── INFORMATION GIVEN
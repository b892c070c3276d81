-- ===== src/Samples/Drains.antt =====
-- The loop over a node's own requests, on a node of the cluster of three: a message has come, a ping is
-- to be sent, and the node is to stop.
use artillery.Base.{ℕ, zero, suc, ◌<◌, false, List, [], ◌∷◌, arith, All}
use artillery.Member.{ArtilleryStateChange}
use artillery.Epidemic.{
  ArtilleryEpidemic, ArtilleryMessage, Env, respond, react, exit, leave_cluster, heartbeat,
  default_config,
}
use artillery.Epidemic.Loop.{drain}
use artillery.Epidemic.Loop.Drain.{IsOver, drain_ends}
use artillery.Epidemic.Messages.{message}
use artillery.Membership.WellFormed.{IsPlatform}
use artillery.Samples.Clusters.{in_order-IsPlatform}
use artillery.Samples.Nodes.{env_of, node, greeting, hello}

abbrev busy : ArtilleryEpidemic
busy = record node { requests = react greeting ∷ respond 20 hello ∷ leave_cluster ∷ exit 7 ∷ [] }

-- So many rounds on the same network.
abbrev rounds : ℕ → List Env
rounds zero = []
rounds (suc n) = env_of 300 ∷ rounds n

pub short : (m : ArtilleryMessage) → (env_of 300).encoded_len m < 65536
short m = short_changes m.state_changes
  where
    short_changes : (cs : List ArtilleryStateChange) → elim cs [ [] ↦ 100 | c ∷ rest ↦ 300 ] < 65536
    short_changes [] = omega arith
    short_changes (c ∷ cs) = omega arith

All-rounds {ℓ} : (P : Env → Type ℓ) (n : ℕ) → P (env_of 300) → All P (rounds n)
All-rounds P zero h = tt
All-rounds P (suc n) h = (h, All-rounds P n h)

drain_ends_example : IsOver (drain (λ tx. false) (rounds 40) busy)
drain_ends_example =
    drain_ends (λ tx. false) (rounds 40) busy
      (All-rounds (λ env. IsPlatform env.platform) 40 in_order-IsPlatform) (omega arith)

-- The user's `Cluster` is gone.
abbrev deaf : Env
deaf = record (env_of 300) { listening = false }

abbrev stranger : ArtilleryMessage
stranger = message 9 default_config.cluster_key heartbeat []

abbrev leaving_node : ArtilleryEpidemic
leaving_node = record node { requests = exit 7 ∷ respond 99 stranger ∷ leave_cluster ∷ [] }
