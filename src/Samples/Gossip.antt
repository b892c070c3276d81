-- ===== src/Samples/Gossip.antt =====
-- A cluster in which the first node is told of the second one, and a node that hears itself.
use artillery.Base.{◌*◌, ◌≡◌, refl, List, [], ◌∷◌, Option, none, some, map}
use artillery.Member.{Uuid, current}
use artillery.Epidemic.{ArtilleryMessage, heartbeat, default_config, new}
use artillery.Epidemic.Network.{
  Event, ticks, works, delivers, commands, add_seed_node, Cluster, run,
}
use artillery.Epidemic.Network
use artillery.Epidemic.Messages.{message, build_message, ack_response}
use artillery.Membership.{find_myself, to_map, has_member, leave}
use artillery.Membership.Changes.{
  apply_state_changes, apply_loop, apply_one, apply_vacant, apply_to_myself,
}
use artillery.Base.Dict.{lookup}
use artillery.Samples.Nodes.{env_of}

abbrev start : Cluster
start k = new 0 k default_config

-- The first node greets the second, which answers, and then leaves.
abbrev greetings : List Event
greetings =
    commands 1 (add_seed_node 20)
    ∷ works 1 (env_of 300)
    ∷ ticks 1 (env_of 300)
    ∷ works 1 (env_of 300)
    ∷ delivers 1 0 2
    ∷ works 2 (env_of 300)
    ∷ works 2 (env_of 300)
    ∷ delivers 2 0 1
    ∷ works 1 (env_of 300)
    ∷ commands 1 Network.leave
    ∷ works 1 (env_of 300)
    ∷ []

abbrev keys : Option Cluster → Uuid → List Uuid
keys none k = []
keys (some nodes) k = map (λ m. m.host_key) (nodes k).members.members

second_knows_first : keys (run (λ k. k * 10) greetings start) 2 ≡ 2 ∷ 1 ∷ []
unfolding run build_message apply_state_changes find_myself apply_loop apply_one lookup to_map
    apply_vacant has_member apply_to_myself ack_response leave
second_knows_first = refl

first_knows_second : keys (run (λ k. k * 10) greetings start) 1 ≡ 1 ∷ 2 ∷ []
unfolding run build_message apply_state_changes find_myself apply_loop apply_one lookup to_map
    apply_vacant has_member apply_to_myself ack_response leave
first_knows_second = refl

-- A node that has just started, and that its own address has been given as a seed.
abbrev hello_me : ArtilleryMessage
hello_me = message 1 default_config.cluster_key heartbeat (record { member = current 0 1 } ∷ [])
────
**ASSIGNMENT**
Give the number of lines in the data above that contain the word "delivers", with no accompanying text.

**ANSWER SECTION**
3